The feathers were starting to be a nuisance. There was one in her mouth, tickling the back of her throat. She chewed at it as she walked, grabbing it with her molars and pulling it loose. Warm, copper-penny blood flooded over her tongue. There were others too, sprouting up inside of her like a strange cancer, worming their way through her innards and muscle. Before long she would be essentially a girl-shaped, walking chicken, constantly plucking at herself.

She reached between her lips discreetly to take the feather out and twist it between her fingers. The movement wasn’t subtle enough; she caught the tilt of his head at the edge of her vision.

“Feathers,” she snapped.

“You should stop making out with your owls.”

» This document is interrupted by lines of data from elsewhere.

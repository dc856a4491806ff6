-- ===== src/Docs/Spans.antt =====
-- `renderInline` of web/src/app/docs/page.tsx loses nothing and takes every span.
use Prim.Native.String.{[] as no_text, ◌∷◌ as char_then}
use text.Mathlib.TextLemmas.{nil-append, cons-append}
use uni_llm.Prelude.{
  Bool-cases, List, Option, Option-cases, String, ap, arith, false, inl, inr, is_empty, none, refl,
  some, strip_prefix, suc, zero, ℕ, ◌++◌, ◌+◌, ◌<+>◌, ◌<◌, ◌∷◌, ◌≡◌, ◌≤◌,
}
use uni_llm.Docs.Inline.{
  Found, Part, close_span, code_span, find_match, inline_loop, match_here, open_span, plain,
  plain_part, render_inline, run_until, strong_span, text_length,
}
use uni_llm.Docs.Source.{
  find_match-source, inline_loop-none, inline_loop-some, source, source-inline_loop, source_all,
}

-- A piece that a match makes: a span with something in it.
abbrev pub IsSpan : Part → Type 0
IsSpan (plain s) = ⊥
IsSpan (code_span s) = is_empty s ≡ false
IsSpan (strong_span s) = is_empty s ≡ false

close_span-IsSpan :
    (make : String → Part) (mark : String) (found : String × String) (p : Part) (r : String)
    → ((s : String) → is_empty s ≡ false → IsSpan (make s))
    → close_span make mark found ≡ some (p, r)
    → IsSpan p
unfolding close_span
close_span-IsSpan make mark (run, rest) p r makes h = elim (Bool-cases (is_empty run)) [
  | inl e ↦ absurd (ground arith)
  | inr e ↦ elim (Option-cases (strip_prefix mark rest)) [
    | inl n ↦ absurd (ground arith)
    | inr (after, f) ↦ let same : p ≡ make run = ground arith in rw same (makes run e)
  ]
]

open_span-IsSpan :
    (make : String → Part) (mark : String) (m : ℕ) (o : Option String) (p : Part) (r : String)
    → ((s : String) → is_empty s ≡ false → IsSpan (make s))
    → open_span make mark m o ≡ some (p, r)
    → IsSpan p
unfolding open_span
open_span-IsSpan make mark m none p r makes h = cc
open_span-IsSpan make mark m (some s) p r makes h =
    close_span-IsSpan make mark (run_until m s) p r makes h

match_here-IsSpan : (s : String) (p : Part) (r : String) → match_here s ≡ some (p, r) → IsSpan p
unfolding match_here
match_here-IsSpan s p r h = elim (Option-cases (open_span code_span "`" 96 (strip_prefix "`" s))) [
  | inl n ↦ open_span-IsSpan strong_span "**" 42 (strip_prefix "**" s) p r (λ t e. e) (ground arith)
  | inr (found, f) ↦
      open_span-IsSpan code_span "`" 96 (strip_prefix "`" s) p r (λ t e. e) (ground arith)
]

find_match-IsSpan : (s : String) (f : Found) → find_match s ≡ some f → IsSpan f.part
unfolding find_match
find_match-IsSpan no_text f h = cc
find_match-IsSpan (char_then c s) f h = elim (Option-cases (match_here (char_then c s))) [
  | inr ((p, r), e) ↦
      let same : f.part ≡ p = ground arith in rw same (match_here-IsSpan (char_then c s) p r e)
  | inl n ↦ elim (Option-cases (find_match s)) [
    | inl none_later ↦ absurd (ground arith)
    | inr (g, e) ↦ let same : f.part ≡ g.part = ground arith in rw same (find_match-IsSpan s g e)
  ]
]

text_length-append : (s t : String) → text_length (s <+> t) ≡ text_length s + text_length t
text_length-append no_text t = rw nil-append (omega arith)
text_length-append (char_then c s) t = rw cons-append (omega (arith, text_length-append s t))

source_pos : (p : Part) → IsSpan p → 0 < text_length (source p)
source_pos (plain s) h = absurd h
source_pos (code_span s) h = rw text_length-append (omega arith)
source_pos (strong_span s) h = rw text_length-append (omega arith)

-- The loop goes forward: what is left behind a match is shorter.
after-shorter :
    (s : String) (f : Found) → find_match s ≡ some f → text_length f.after < text_length s
after-shorter s f h = omega (
  arith,
  ap text_length (find_match-source s f h),
  text_length-append f.before (source f.part <+> f.after),
  text_length-append (source f.part) f.after,
  source_pos f.part (find_match-IsSpan s f h),
)

find_match-short : (s : String) → text_length s ≤ 0 → find_match s ≡ none
unfolding find_match
find_match-short no_text h = refl
find_match-short (char_then c s) h = absurd (omega arith)

-- How a text is read, without a bound on the matches: to its end if there is no match; else the text
-- before the first match, the span matched, which is not empty, and what is read behind it.
pub data Reads : String → List Part → Type 0 where
  ends : {s : String} → find_match s ≡ none → Reads s (plain_part s)
  takes :
      {s : String} {ps : List Part} (f : Found)
      → find_match s ≡ some f
      → IsSpan f.part
      → Reads f.after ps
      → Reads s (plain_part f.before ++ f.part ∷ ps)

inline_loop-Reads : (n : ℕ) (s : String) → text_length s ≤ n → Reads s (inline_loop n s)
inline_loop-Reads zero s h = let n = find_match-short s h in rw (inline_loop-none zero s n) (ends n)
inline_loop-Reads (suc n) s h = elim (Option-cases (find_match s)) [
  | inl e ↦ rw (inline_loop-none (suc n) s e) (ends e)
  | inr (f, e) ↦
      let shorter = after-shorter s f e in
      rw (inline_loop-some n s f e)
        (takes f e (find_match-IsSpan s f e) (inline_loop-Reads n f.after (omega arith)))
]

-- The pieces of a paragraph, written out with their marks, are its text. They are read as `Reads` says,
-- match after match from the left until there is none: so the loop ends, with every match taken.
pub render_inline_lem :
    (s : String) → (source_all (render_inline s) ≡ s) × Reads s (render_inline s)
unfolding render_inline
render_inline_lem s =
    (source-inline_loop (text_length s) s, inline_loop-Reads (text_length s) s (omega arith))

“Shut up.” Neither of them wanted to talk about the feathers, any more than they wanted to talk about the way he was starting to look thin and gaunt in places. It was easier to ignore the afflictions than to talk about what they meant. So they just walked, in the same direction that they had been walking for three days already, under the damned sun, in the middle of a damned desert, looking for the last of she who used to be called the Mother of the Earth.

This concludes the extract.